**GIVEN RECORDS:**
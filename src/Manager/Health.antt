-- ===== src/Manager/Health.antt =====
-- `CheckHealth`, `IsHealthy` and `Statuses` against the results of the pings.
use scuffinger.Prelude.{
  ℕ, String, ◌≡◌, ◌≢◌, ◌↔◌, refl, ◌∙◌, Bool, true, false, Option, none, some, List, [], ◌∷◌, ◌==◌,
  string_eq, arith, eq_self, if◌then◌else◌,
}
use scuffinger.Prelude.Map.{
  Map, lookup, lookup-insert, all_values, all_values-has_key, lookup-all_values,
}
use scuffinger.Metrics.Health.{gauge}
use scuffinger.Manager.{
  Service, ServiceStatus, Checked, mark, check_service, check_loop, check_health, is_healthy,
  snapshot,
}
use scuffinger.Manager.WellFormed.{IsWellFormed, has_name, Within-self, check_loop-IsWellFormed}

passed : Option String → Bool
passed none = true
passed (some e) = false

-- the first of two that there is
abbrev first {ℓ} : {A : Type ℓ} → Option A → Option A → Option A
first none o = o
first (some a) o = some a

module _ {W : Type 0} where
  -- Whether the last ping of a service of that name succeeded; `none` if there was no such ping.
  unfoldable pub outcome : String → List (Service W) → W → Option Bool
  unfolding passed
  outcome n [] w = none
  outcome n (svc ∷ svcs) w =
      let (r, w') = svc.ping w in
      first (outcome n svcs w') (if svc.name == n then some (passed r) else none)

abbrev pub healthy_of : Option ServiceStatus → Option Bool
healthy_of none = none
healthy_of (some st) = some st.healthy

-- `IsHealthy` over a map: it is not empty, and every status is healthy.
pub is_healthy-all :
    (m : Map String ServiceStatus)
    → (is_healthy m ≡ true) ↔ ((m ≢ []) × (all_values ServiceStatus.healthy m ≡ true))
unfolding is_healthy
is_healthy-all [] = (λ h. ground arith, λ h. ground arith)
is_healthy-all ((k, v) ∷ m) = (λ h. (λ e. cc, h), λ h. h.1)

module _ {W : Type 0} where
  pub nonempty :
      (svcs : List (Service W)) (m : Map String ServiceStatus)
      → IsWellFormed svcs m
      → (m ≢ []) ↔ (svcs ≢ [])
  unfolding lookup
  nonempty [] [] wf = (λ h. absurd (h refl), λ h. absurd (h refl))
  nonempty [] ((k, v) ∷ m) wf = (λ h. ground (arith, wf.keys k, eq_self k), λ h. absurd (h refl))
  nonempty (svc ∷ svcs) [] wf =
      (λ h. absurd (h refl), λ h. ground (arith, wf.keys svc.name, eq_self svc.name))
  nonempty (svc ∷ svcs) ((k, v) ∷ m) wf = (λ h. λ e. cc, λ h. λ e. cc)

module _ {W : Type 0} (clock : W → ℕ) where
  check_loop-outcome :
      (svcs : List (Service W)) (s : Checked W) (n : String)
      → healthy_of (lookup n (check_loop clock svcs s).statuses)
        ≡ first (outcome n svcs s.world) (healthy_of (lookup n s.statuses))
  unfolding check_loop check_service outcome mark
  check_loop-outcome [] s n = refl
  check_loop-outcome (svc ∷ svcs) s n = ground (
    arith,
    check_loop-outcome svcs (check_service clock svc s) n,
    lookup-insert svc.name n (mark (clock (svc.ping s.world).1) (svc.ping s.world).0) s.statuses,
  )

  outcome-ne-none :
      (svcs : List (Service W)) (n : String) (w : W)
      → has_name n svcs ≡ true
      → outcome n svcs w ≢ none
  unfolding outcome
  outcome-ne-none [] n w h = ground arith
  outcome-ne-none (svc ∷ svcs) n w h = ground (arith, outcome-ne-none svcs n (svc.ping w).1)

  -- Every status is healthy exactly when the last ping of every registered name succeeded.
  all_healthy-outcome :
      (svcs : List (Service W)) (s : Checked W)
      → IsWellFormed svcs s.statuses
      → IsWellFormed svcs (check_loop clock svcs s).statuses
      → (all_values ServiceStatus.healthy (check_loop clock svcs s).statuses ≡ true)
        ↔ ((n : String) → has_name n svcs ≡ true → outcome n svcs s.world ≡ some true)
  all_healthy-outcome svcs s wf wf' = (to, from)
    where
      to :
          all_values ServiceStatus.healthy (check_loop clock svcs s).statuses ≡ true
          → (n : String) → has_name n svcs ≡ true
          → outcome n svcs s.world ≡ some true
      to a n h =
          let (st, found, good) =
            all_values-has_key ServiceStatus.healthy (check_loop clock svcs s).statuses n a
              (wf'.keys n ∙ h) in
          ground (arith, check_loop-outcome svcs s n, outcome-ne-none svcs n s.world h)

      from :
          ((n : String) → has_name n svcs ≡ true → outcome n svcs s.world ≡ some true)
          → all_values ServiceStatus.healthy (check_loop clock svcs s).statuses ≡ true
      from h =
          lookup-all_values ServiceStatus.healthy (check_loop clock svcs s).statuses wf'.unique
            (λ k v q. ground (arith, h k, check_loop-outcome svcs s k, wf'.keys k))

  -- For a well-formed manager `CheckHealth` sets the overall gauge to whether `IsHealthy` holds,
  -- and `IsHealthy` then holds exactly when there is a service and for every name the last
  -- registered service of that name answered its ping.
  pub check_health-outcome :
      (svcs : List (Service W)) (s : Checked W)
      → IsWellFormed svcs s.statuses
      → ((check_health clock svcs s).health.status
          ≡ gauge (is_healthy (check_health clock svcs s).statuses))
        × ((is_healthy (check_health clock svcs s).statuses ≡ true) ↔ (
            (svcs ≢ [])
            × ((n : String) → has_name n svcs ≡ true → outcome n svcs s.world ≡ some true)))
  unfolding check_health
  check_health-outcome svcs s wf =
      let wf' = check_loop-IsWellFormed clock svcs svcs s (Within-self svcs) wf in
      let ne = nonempty svcs (check_loop clock svcs s).statuses wf' in
      let al = all_healthy-outcome svcs s wf wf' in
      let ih = is_healthy-all (check_loop clock svcs s).statuses in
      (refl, (λ h. (ne.0 (ih.0 h).0, al.0 (ih.0 h).1), λ h. ih.1 (ne.1 h.0, al.1 h.1)))

-- `Statuses` has the health of each name, and `IsHealthy` is what its values say: there is one, and
-- all are true.
pub snapshot-lookup :
    (m : Map String ServiceStatus) (n : String) → lookup n (snapshot m) ≡ healthy_of (lookup n m)
unfolding snapshot lookup
snapshot-lookup [] n = refl
snapshot-lookup ((k, st) ∷ m) n = ground (arith, snapshot-lookup m n)

pub all_values-snapshot :
    (m : Map String ServiceStatus)
    → all_values (λ b. b) (snapshot m) ≡ all_values ServiceStatus.healthy m
unfolding snapshot
all_values-snapshot [] = refl
all_values-snapshot ((k, st) ∷ m) = ground (arith, all_values-snapshot m)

**TASK PROMPT:**
Repeat the lines above with every word intact.

**SOLUTION FOR THIS EXERCISE:**
filename src/Manager/Health.antt
-- ===== src/Manager/Health.antt =====
-- `CheckHealth`, `IsHealthy` and `Statuses` against the results of the pings.
use scuffinger.Prelude.{
  ℕ, String, ◌≡◌, ◌≢◌, ◌↔◌, refl, ◌∙◌, Bool, true, false, Option, none, some, List, [], ◌∷◌, ◌==◌,
  string_eq, arith, eq_self, if◌then◌else◌,
}
use scuffinger.Prelude.Map.{
  Map, lookup, lookup-insert, all_values, all_values-has_key, lookup-all_values,
}
use scuffinger.Metrics.Health.{gauge}
use scuffinger.Manager.{
  Service, ServiceStatus, Checked, mark, check_service, check_loop, check_health, is_healthy,
  snapshot,
}
use scuffinger.Manager.WellFormed.{IsWellFormed, has_name, Within-self, check_loop-IsWellFormed}

passed : Option String → Bool
passed none = true
passed (some e) = false

-- the first of two that there is
abbrev first {ℓ} : {A : Type ℓ} → Option A → Option A → Option A
first none o = o
first (some a) o = some a

module _ {W : Type 0} where
  -- Whether the last ping of a service of that name succeeded; `none` if there was no such ping.
  unfoldable pub outcome : String → List (Service W) → W → Option Bool
  unfolding passed
  outcome n [] w = none
  outcome n (svc ∷ svcs) w =
      let (r, w') = svc.ping w in
      first (outcome n svcs w') (if svc.name == n then some (passed r) else none)

abbrev pub healthy_of : Option ServiceStatus → Option Bool
healthy_of none = none
healthy_of (some st) = some st.healthy

-- `IsHealthy` over a map: it is not empty, and every status is healthy.
pub is_healthy-all :
    (m : Map String ServiceStatus)
    → (is_healthy m ≡ true) ↔ ((m ≢ []) × (all_values ServiceStatus.healthy m ≡ true))
unfolding is_healthy
is_healthy-all [] = (λ h. ground arith, λ h. ground arith)
is_healthy-all ((k, v) ∷ m) = (λ h. (λ e. cc, h), λ h. h.1)

module _ {W : Type 0} where
  pub nonempty :
      (svcs : List (Service W)) (m : Map String ServiceStatus)
      → IsWellFormed svcs m
      → (m ≢ []) ↔ (svcs ≢ [])
  unfolding lookup
  nonempty [] [] wf = (λ h. absurd (h refl), λ h. absurd (h refl))
  nonempty [] ((k, v) ∷ m) wf = (λ h. ground (arith, wf.keys k, eq_self k), λ h. absurd (h refl))
  nonempty (svc ∷ svcs) [] wf =
      (λ h. absurd (h refl), λ h. ground (arith, wf.keys svc.name, eq_self svc.name))
  nonempty (svc ∷ svcs) ((k, v) ∷ m) wf = (λ h. λ e. cc, λ h. λ e. cc)

module _ {W : Type 0} (clock : W → ℕ) where
  check_loop-outcome :
      (svcs : List (Service W)) (s : Checked W) (n : String)
      → healthy_of (lookup n (check_loop clock svcs s).statuses)
        ≡ first (outcome n svcs s.world) (healthy_of (lookup n s.statuses))
  unfolding check_loop check_service outcome mark
  check_loop-outcome [] s n = refl
  check_loop-outcome (svc ∷ svcs) s n = ground (
    arith,
    check_loop-outcome svcs (check_service clock svc s) n,
    lookup-insert svc.name n (mark (clock (svc.ping s.world).1) (svc.ping s.world).0) s.statuses,
  )

  outcome-ne-none :
      (svcs : List (Service W)) (n : String) (w : W)
      → has_name n svcs ≡ true
      → outcome n svcs w ≢ none
  unfolding outcome
  outcome-ne-none [] n w h = ground arith
  outcome-ne-none (svc ∷ svcs) n w h = ground (arith, outcome-ne-none svcs n (svc.ping w).1)

  -- Every status is healthy exactly when the last ping of every registered name succeeded.
  all_healthy-outcome :
      (svcs : List (Service W)) (s : Checked W)
      → IsWellFormed svcs s.statuses
      → IsWellFormed svcs (check_loop clock svcs s).statuses
      → (all_values ServiceStatus.healthy (check_loop clock svcs s).statuses ≡ true)
        ↔ ((n : String) → has_name n svcs ≡ true → outcome n svcs s.world ≡ some true)
  all_healthy-outcome svcs s wf wf' = (to, from)
    where
      to :
          all_values ServiceStatus.healthy (check_loop clock svcs s).statuses ≡ true
          → (n : String) → has_name n svcs ≡ true
          → outcome n svcs s.world ≡ some true
      to a n h =
          let (st, found, good) =
            all_values-has_key ServiceStatus.healthy (check_loop clock svcs s).statuses n a
              (wf'.keys n ∙ h) in
          ground (arith, check_loop-outcome svcs s n, outcome-ne-none svcs n s.world h)

      from :
          ((n : String) → has_name n svcs ≡ true → outcome n svcs s.world ≡ some true)
          → all_values ServiceStatus.healthy (check_loop clock svcs s).statuses ≡ true
      from h =
          lookup-all_values ServiceStatus.healthy (check_loop clock svcs s).statuses wf'.unique
            (λ k v q. ground (arith, h k, check_loop-outcome svcs s k, wf'.keys k))

  -- For a well-formed manager `CheckHealth` sets the overall gauge to whether `IsHealthy` holds,
  -- and `IsHealthy` then holds exactly when there is a service and for every name the last
  -- registered service of that name answered its ping.
  pub check_health-outcome :
      (svcs : List (Service W)) (s : Checked W)
      → IsWellFormed svcs s.statuses
      → ((check_health clock svcs s).health.status
          ≡ gauge (is_healthy (check_health clock svcs s).statuses))
        × ((is_healthy (check_health clock svcs s).statuses ≡ true) ↔ (
            (svcs ≢ [])
            × ((n : String) → has_name n svcs ≡ true → outcome n svcs s.world ≡ some true)))
  unfolding check_health
  check_health-outcome svcs s wf =
      let wf' = check_loop-IsWellFormed clock svcs svcs s (Within-self svcs) wf in
      let ne = nonempty svcs (check_loop clock svcs s).statuses wf' in
      let al = all_healthy-outcome svcs s wf wf' in
      let ih = is_healthy-all (check_loop clock svcs s).statuses in
      (refl, (λ h. (ne.0 (ih.0 h).0, al.0 (ih.0 h).1), λ h. ih.1 (ne.1 h.0, al.1 h.1)))

-- `Statuses` has the health of each name, and `IsHealthy` is what its values say: there is one, and
-- all are true.
pub snapshot-lookup :
    (m : Map String ServiceStatus) (n : String) → lookup n (snapshot m) ≡ healthy_of (lookup n m)
unfolding snapshot lookup
snapshot-lookup [] n = refl
snapshot-lookup ((k, st) ∷ m) n = ground (arith, snapshot-lookup m n)

pub all_values-snapshot :
    (m : Map String ServiceStatus)
    → all_values (λ b. b) (snapshot m) ≡ all_values ServiceStatus.healthy m
unfolding snapshot
all_values-snapshot [] = refl
all_values-snapshot ((k, st) ∷ m) = ground (arith, all_values-snapshot m)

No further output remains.